What Raises LDL Levels

Several factors push LDL higher, some within your control and some not.

Diet plays a direct role. Eating large amounts of saturated fat increases LDL cholesterol, total cholesterol, and HDL cholesterol. Research from the American Heart Association found that overfeeding saturated fat not only raised LDL particle counts across multiple size categories but also changed the composition of those particles, enriching them with compounds like sphingomyelins and ceramides that make LDL more prone to clumping together. This increased aggregation susceptibility may make the particles more harmful once they enter the artery wall.

Genetics are equally important. Your genes determine how many LDL receptors your liver produces, how efficiently those receptors work, and how much PCSK9 your body makes. Some people eat carefully and exercise regularly but still have high LDL because their genetic makeup limits clearance. Familial hypercholesterolemia, the most well-known genetic cause, affects roughly 1 in 250 people and can push LDL well above 190 mg/dL from a young age.

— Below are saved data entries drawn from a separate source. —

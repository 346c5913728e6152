-- ===== src/Tests/Documents.antt =====
-- Requests of two members, at concrete inputs.
use kb_backend.Prelude.{
  ℕ, String, ◌≡◌, refl, true, none, some, List, [], ◌∷◌, arith, contains, ◌||◌, any, ◌==◌, ◌&&◌,
}
use kb_backend.Authz.{AuthDb, Principal, Role, Visibility}
use kb_backend.Es.{Store, fake_es}
use kb_backend.Ingest.Sources.{no_config}
use kb_backend.Documents.{Site, Services, Upload, may_write_kb}
use kb_backend.Bases.{create_kb, delete_kb, is_storable}
use kb_backend.Bases.Access.{create_kb-allowed, delete_kb_closes}
use kb_backend.Authz.{me, is_tenant_admin}
use kb_backend.Authz.Spec.{role_opens, tenant_role, by_grant}
use kb_backend.Prelude.Strip.{strip, is_space}
use kb_backend.Prelude.{false}
use kb_backend.Documents.Requests.{answer, update}
use kb_backend.Documents.Tenants.{answer-others}
use kb_backend.Documents.Tenants.Rows.{others}
use kb_backend.Documents.Requests.{refuses}
use kb_backend.Documents.Library.{update_doc}
use kb_backend.Documents.Refused.{answer-refuses}
use kb_backend.Documents.Sound.{IsSound}
use kb_backend.Documents.Requests.{
  Call, Request, drive, upload, rename, detach, delete, reparse, bulk, attach, answer_all,
}
use kb_backend.Documents.Kept.{answer_all-IsSound}
use kb_backend.Documents.Again.{uploaded_again, kept_as}
use kb_backend.Documents.Uploads.{upload_doc, upload_to_drive}
use kb_backend.Http.{ok}
use kb_backend.Authz.{is_tenant_owner, is_owner_role}
use kb_backend.Documents.{can_manage_file, can_read_file}
use kb_backend.Documents.Linked.{attach_file-can_read_file}
use kb_backend.Documents.Library.{attach_file}
use kb_backend.Authz.{
  resolve, add_grants, live_grants, add_by_role, is_admin_role, member_role, add_admin_kbs,
  add_admin_kb, can_write, clearance_of, role_clearance, higher,
}
use kb_backend.Authz.Sets.{set_add}
use kb_backend.Quota.{check_quota, get_limits, get_usage, sum_sizes}
use kb_backend.Documents.Again.{kept_as-ingest_upload}
use kb_backend.Documents.{file_with_hash, within_quota}
use kb_backend.Tests.Purge.{world, env}
use kb_backend.Tests.Ingestion.{good}

-- the owners of two tenants, each with a base
abbrev db : AuthDb
db = record {
  members =
      record {
        user_id = 10;
        tenant_id = 1;
        role = Role.owner;
        department = none;
        group_name = none;
      }
      ∷ record {
        user_id = 20;
        tenant_id = 2;
        role = Role.owner;
        department = none;
        group_name = none;
      }
      ∷ [];
  grants = [];
  kbs =
      record { id = 5; tenant_id = 1; name = "plans"; visibility = Visibility.team }
      ∷ record { id = 6; tenant_id = 2; name = "notes"; visibility = Visibility.team }
      ∷ [];
  api_keys = [];
}

abbrev boss : Principal
boss = record { tenant_id = 1; user_id = 10 }

abbrev other : Principal
other = record { tenant_id = 2; user_id = 20 }

-- the file 7 is in base 5
abbrev site : Site ℕ (Store ℕ)
site = record {
  auth = db;
  quotas = [];
  world = record world {
    pg = record world.pg { file_kbs = record { file_id = 7; kb_id = 5; tenant_id = 1 } ∷ [] };
  };
}

abbrev sv : Services
sv = record {
  period = 1;
  month_start = 0;
  defaults = record { docs = 0; bytes = 0 };
  storage_key = λ fid. "key";
  put_object = λ key. true;
}

abbrev note : Upload
note = record { content_hash = 88; size_bytes = 20; filename = "n.md"; content_type = none }

abbrev call : Principal → Request → Call
call p r = record { env = env; services = sv; principal = p; request = r }

abbrev calls : List Call
calls =
    call boss (upload 5 8 note no_config none)
    ∷ call other (drive 9 note no_config)
    ∷ call boss (rename 7 (some "b.pdf") no_config)
    ∷ call boss (detach 8 5)
    ∷ call boss (attach 8 5 no_config)
    ∷ call boss (delete 7)
    ∷ call other (reparse 6 8 none)
    ∷ call boss (bulk 5 (8 ∷ []) "delete")
    ∷ []

site-IsSound : IsSound site.world.pg
site-IsSound = record { unique = λ t h. ground arith; linked = refl }

answer_all-IsSound_example : IsSound (answer_all good fake_es calls site).world.pg
answer_all-IsSound_example = answer_all-IsSound good fake_es calls site site-IsSound

uploaded : kept_as 8 (upload_doc good env fake_es sv boss 5 8 note no_config none site).1 ≡ some 8
unfolding upload_doc check_quota get_limits get_usage sum_sizes file_with_hash within_quota resolve
    add_grants live_grants add_by_role is_admin_role member_role add_admin_kbs add_admin_kb
    can_write clearance_of role_clearance higher set_add
uploaded = kept_as-ingest_upload good env fake_es sv boss 5 8 none _

uploaded_again_example :
    let site' = (upload_doc good env fake_es sv boss 5 8 note no_config none site).0 in
    (status : String) × (upload_to_drive env sv boss 9 note no_config site'
      ≡ (site', ok (record { doc_id = 8; status = status; reused = true })))
uploaded_again_example =
    uploaded_again good env env fake_es sv sv boss boss 5 8 9 note note no_config no_config none
      site 8 refl refl uploaded

answer-others_example :
    others 1 (answer good fake_es env sv boss (delete 7) site).world.pg.files
    ≡ others 1 site.world.pg.files
answer-others_example =
    answer-others good fake_es env sv boss (delete 7) site (λ k. ground arith) refl

-- the base is of another tenant
foreign : refuses good fake_es env sv other (update 5 7 "b.pdf") site ≡ true
unfolding refuses update_doc may_write_kb resolve add_grants live_grants add_by_role is_admin_role
    member_role add_admin_kbs add_admin_kb can_write clearance_of role_clearance higher set_add
foreign = refl

answer-refuses_example : answer good fake_es env sv other (update 5 7 "b.pdf") site ≡ site
answer-refuses_example = answer-refuses good fake_es env sv other (update 5 7 "b.pdf") site foreign

boss_writes : may_write_kb env site boss 5 ≡ true
unfolding may_write_kb resolve add_grants live_grants add_by_role is_admin_role member_role
    add_admin_kbs add_admin_kb can_write clearance_of role_clearance higher set_add
boss_writes = refl

other_writes : may_write_kb env site other 6 ≡ true
unfolding may_write_kb resolve add_grants live_grants add_by_role is_admin_role member_role
    add_admin_kbs add_admin_kb can_write clearance_of role_clearance higher set_add
other_writes = refl

-- the site with the row of base 6
abbrev linkable : Site ℕ (Store ℕ)
linkable = record site {
  world = record site.world {
    pg = record site.world.pg { kbs = record { id = 6; tenant_id = 2; parser_config = none } ∷ [] };
  };
}

linkable_writes : may_write_kb env linkable other 6 ≡ true
unfolding may_write_kb resolve add_grants live_grants add_by_role is_admin_role member_role
    add_admin_kbs add_admin_kb can_write clearance_of role_clearance higher set_add
linkable_writes = refl

-- the file is of tenant 1
linkable_manages : can_manage_file env linkable other 7 ≡ true
unfolding can_manage_file is_tenant_owner is_owner_role member_role
linkable_manages = refl

attach_file-can_read_file_example :
    can_read_file env (attach_file good env fake_es other 7 6 no_config linkable).0 other 7 ≡ true
attach_file-can_read_file_example =
    attach_file-can_read_file good env fake_es other 7 6 linkable no_config linkable_writes
      linkable_manages refl refl

new_base : (create_kb no_config site boss 9 (some " plans 2 ") (some me) none).1 ≡ ok (9, "plans 2")
unfolding create_kb is_storable strip is_space
new_base = refl

create_kb-allowed_example :
    let site' = (create_kb no_config site boss 9 (some " plans 2 ") (some me) none).0 in
    contains (resolve 60 site'.auth other).allowed_kb_ids 9 ≡ (
      contains (resolve 60 site.auth other).allowed_kb_ids 9
      || ((other.tenant_id == boss.tenant_id) && (9 == 9))
        && role_opens (tenant_role site.auth other) me)
create_kb-allowed_example =
    create_kb-allowed no_config site boss other 9 (some " plans 2 ") me none (9, "plans 2") 60 9
      new_base

deletes : (delete_kb site boss 5).1 ≡ ok tt
unfolding delete_kb is_tenant_admin member_role is_admin_role
deletes = refl

delete_kb_closes_example :
    let site' = (delete_kb site boss 5).0 in
    (contains (resolve 60 site'.auth boss).allowed_kb_ids 5 ≡ false)
    × ((who : Principal) → by_grant 60 site'.auth who 5 ≡ false)
    × (any (λ l. l.kb_id == 5) site'.world.pg.file_kbs ≡ false)
    × (site'.world.pg.files ≡ site.world.pg.files)
delete_kb_closes_example = delete_kb_closes site boss boss 5 60 deletes refl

Other factors that raise LDL include carrying excess body weight (particularly around the midsection), physical inactivity, smoking, and certain medical conditions like hypothyroidism and kidney disease. Age also matters: LDL tends to rise as you get older, partly because LDL receptor activity on liver cells declines over time.

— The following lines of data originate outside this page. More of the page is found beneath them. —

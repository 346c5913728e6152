-- ===== src/Tests/Files.antt =====
-- The quota and the removal of a file at concrete inputs.
use kb_backend.Prelude.{
  ◌↔◌, ◌+◌, ℕ, ◌≡◌, true, false, some, none, List, [], ◌∷◌, if◌then◌else◌, lookup, arith,
}
use kb_backend.Es.{Store, fake_es}
use kb_backend.Relay.Effects.{effects}
use kb_backend.Relay.Drain.{pending_events}
use kb_backend.Db.{UsageRow, World}
use kb_backend.Quota.{Totals, get_usage, check_quota}
use kb_backend.Quota.Limits.{month_docs, month_bytes, Within, check_quota-Within}
use kb_backend.FileStore.{purge_file}
use kb_backend.FileStore.Erased.{has_document, mentions, purge_file_erases}
use kb_backend.Tests.Outbox.{update_rows, update_rows-AllKnown}
use kb_backend.Tests.Purge.{world, env, file}

abbrev limits : Totals
limits = record { docs = 3; bytes = 1000 }

abbrev usage : List UsageRow
usage =
    record { tenant_id = 2; period = 4; doc_count = 9; bytes = 9000 }
    ∷ record { tenant_id = 1; period = 4; doc_count = 2; bytes = 400 }
    ∷ []

check_quota-Within_example :
    ((check_quota limits (get_usage 4 0 (file ∷ []) usage 1) 600).0 ≡ true) ↔ (
      Within 3 (month_docs 4 0 1 (file ∷ []) usage + 1)
      × Within 1000 (month_bytes 4 0 1 (file ∷ []) usage + 600))
check_quota-Within_example = check_quota-Within limits 1 4 0 600 (file ∷ []) usage (omega arith)

-- the tables with events of file 7 still to publish
abbrev busy : World ℕ (Store ℕ)
busy = record world { pg = record world.pg { outbox = update_rows } }

purge_file_erases_example :
    let (w', done) = purge_file env fake_es 4 1 7 busy in
    if done
    then (mentions w'.pg 7 ≡ false)
      × (lookup 2 w'.es ≡ (
          if has_document busy.pg 7 2
          then none
          else effects (pending_events (some 7) busy.pg.outbox) 2 (lookup 2 busy.es)))
    else (w' ≡ busy)
purge_file_erases_example = purge_file_erases 4 1 7 env busy 2 update_rows-AllKnown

How LDL Differs From Other Lipoproteins

Your cholesterol panel includes several related particles, and understanding how they differ helps make sense of your results. HDL (high density lipoprotein) works in the opposite direction from LDL, picking up excess cholesterol from tissues and returning it to the liver for disposal. Higher HDL levels are associated with lower cardiovascular risk. VLDL (very low density lipoprotein) is a larger, triglyceride-rich particle produced by the liver. As VLDL loses triglycerides in the bloodstream, it gradually shrinks and becomes LDL. This is why high triglyceride levels and high LDL levels often travel together.

Total cholesterol on your blood test is the sum of cholesterol carried by all these particles. It’s a useful screening number, but your LDL level is the more specific measure that drives most treatment decisions. When your doctor focuses on one number from your lipid panel, it’s almost always LDL.